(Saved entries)
=-=-=
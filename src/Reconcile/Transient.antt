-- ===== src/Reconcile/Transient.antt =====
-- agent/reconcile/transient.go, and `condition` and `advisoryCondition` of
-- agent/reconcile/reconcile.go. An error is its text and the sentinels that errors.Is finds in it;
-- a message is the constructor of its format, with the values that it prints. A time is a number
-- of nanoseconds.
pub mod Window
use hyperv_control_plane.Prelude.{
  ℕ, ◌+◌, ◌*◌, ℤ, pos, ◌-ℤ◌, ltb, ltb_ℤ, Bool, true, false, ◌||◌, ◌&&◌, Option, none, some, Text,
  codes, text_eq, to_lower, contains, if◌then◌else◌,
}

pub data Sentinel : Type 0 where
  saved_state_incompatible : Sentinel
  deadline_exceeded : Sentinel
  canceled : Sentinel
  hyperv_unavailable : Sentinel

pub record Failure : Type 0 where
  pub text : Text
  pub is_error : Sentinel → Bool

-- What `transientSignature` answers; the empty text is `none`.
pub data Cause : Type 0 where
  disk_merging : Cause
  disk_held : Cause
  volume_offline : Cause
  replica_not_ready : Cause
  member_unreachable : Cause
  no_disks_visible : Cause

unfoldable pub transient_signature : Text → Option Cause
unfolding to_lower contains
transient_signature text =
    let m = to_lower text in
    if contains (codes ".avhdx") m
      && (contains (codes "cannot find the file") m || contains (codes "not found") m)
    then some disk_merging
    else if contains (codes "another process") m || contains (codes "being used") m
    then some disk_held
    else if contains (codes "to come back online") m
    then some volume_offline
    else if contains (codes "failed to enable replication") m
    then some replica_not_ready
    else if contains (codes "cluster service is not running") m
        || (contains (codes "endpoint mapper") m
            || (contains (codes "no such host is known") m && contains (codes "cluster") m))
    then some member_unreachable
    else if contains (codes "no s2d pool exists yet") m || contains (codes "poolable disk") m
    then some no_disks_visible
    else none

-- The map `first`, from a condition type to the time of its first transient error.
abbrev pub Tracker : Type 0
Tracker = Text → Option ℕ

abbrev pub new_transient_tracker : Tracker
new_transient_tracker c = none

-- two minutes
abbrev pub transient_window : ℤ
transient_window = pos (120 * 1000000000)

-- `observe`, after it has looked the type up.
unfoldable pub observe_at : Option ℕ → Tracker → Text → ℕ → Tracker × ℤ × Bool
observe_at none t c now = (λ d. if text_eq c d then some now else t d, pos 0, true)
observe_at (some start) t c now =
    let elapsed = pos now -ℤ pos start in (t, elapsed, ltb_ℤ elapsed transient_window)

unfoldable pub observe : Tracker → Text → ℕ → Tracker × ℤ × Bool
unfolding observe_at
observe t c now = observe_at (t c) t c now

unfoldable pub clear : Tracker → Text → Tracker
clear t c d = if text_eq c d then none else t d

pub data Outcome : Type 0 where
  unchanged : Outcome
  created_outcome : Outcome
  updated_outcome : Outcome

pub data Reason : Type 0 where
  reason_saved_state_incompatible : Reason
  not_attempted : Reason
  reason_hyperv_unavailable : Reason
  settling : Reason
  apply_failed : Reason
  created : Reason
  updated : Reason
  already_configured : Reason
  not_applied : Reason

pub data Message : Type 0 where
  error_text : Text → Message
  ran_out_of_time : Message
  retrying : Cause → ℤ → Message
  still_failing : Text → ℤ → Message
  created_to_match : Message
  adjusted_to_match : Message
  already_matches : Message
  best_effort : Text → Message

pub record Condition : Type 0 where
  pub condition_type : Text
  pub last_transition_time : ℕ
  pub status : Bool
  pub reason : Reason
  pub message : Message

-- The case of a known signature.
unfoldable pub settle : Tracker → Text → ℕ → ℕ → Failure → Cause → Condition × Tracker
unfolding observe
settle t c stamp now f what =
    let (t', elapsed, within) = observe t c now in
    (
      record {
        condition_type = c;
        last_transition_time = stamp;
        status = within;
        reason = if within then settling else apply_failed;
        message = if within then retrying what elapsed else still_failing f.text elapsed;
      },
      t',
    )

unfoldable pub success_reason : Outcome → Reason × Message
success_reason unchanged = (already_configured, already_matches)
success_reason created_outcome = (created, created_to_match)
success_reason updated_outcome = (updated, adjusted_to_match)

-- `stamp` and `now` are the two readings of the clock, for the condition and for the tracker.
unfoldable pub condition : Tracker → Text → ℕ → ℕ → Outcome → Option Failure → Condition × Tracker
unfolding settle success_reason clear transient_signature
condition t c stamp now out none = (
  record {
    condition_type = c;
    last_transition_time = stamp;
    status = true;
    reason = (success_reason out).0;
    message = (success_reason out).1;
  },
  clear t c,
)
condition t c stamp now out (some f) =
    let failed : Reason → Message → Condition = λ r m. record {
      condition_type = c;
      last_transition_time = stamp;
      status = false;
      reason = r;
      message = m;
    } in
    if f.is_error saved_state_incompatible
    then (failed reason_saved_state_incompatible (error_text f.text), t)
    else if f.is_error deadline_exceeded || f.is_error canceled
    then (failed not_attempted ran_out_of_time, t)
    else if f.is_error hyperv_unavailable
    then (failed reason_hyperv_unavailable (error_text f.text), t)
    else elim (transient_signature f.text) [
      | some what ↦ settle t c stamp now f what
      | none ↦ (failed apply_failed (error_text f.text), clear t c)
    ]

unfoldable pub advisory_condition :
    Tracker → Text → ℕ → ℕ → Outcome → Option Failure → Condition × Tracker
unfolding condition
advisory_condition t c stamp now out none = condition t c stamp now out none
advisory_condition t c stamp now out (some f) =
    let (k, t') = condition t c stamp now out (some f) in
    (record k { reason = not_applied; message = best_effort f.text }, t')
=-=-=
#### Your task:
Lines from the entries that contain the string "within" are what must be copied.

#### Final answer:
    let (t', elapsed, within) = observe t c now in
        status = within;
        reason = if within then settling else apply_failed;
        message = if within then retrying what elapsed else still_failing f.text elapsed;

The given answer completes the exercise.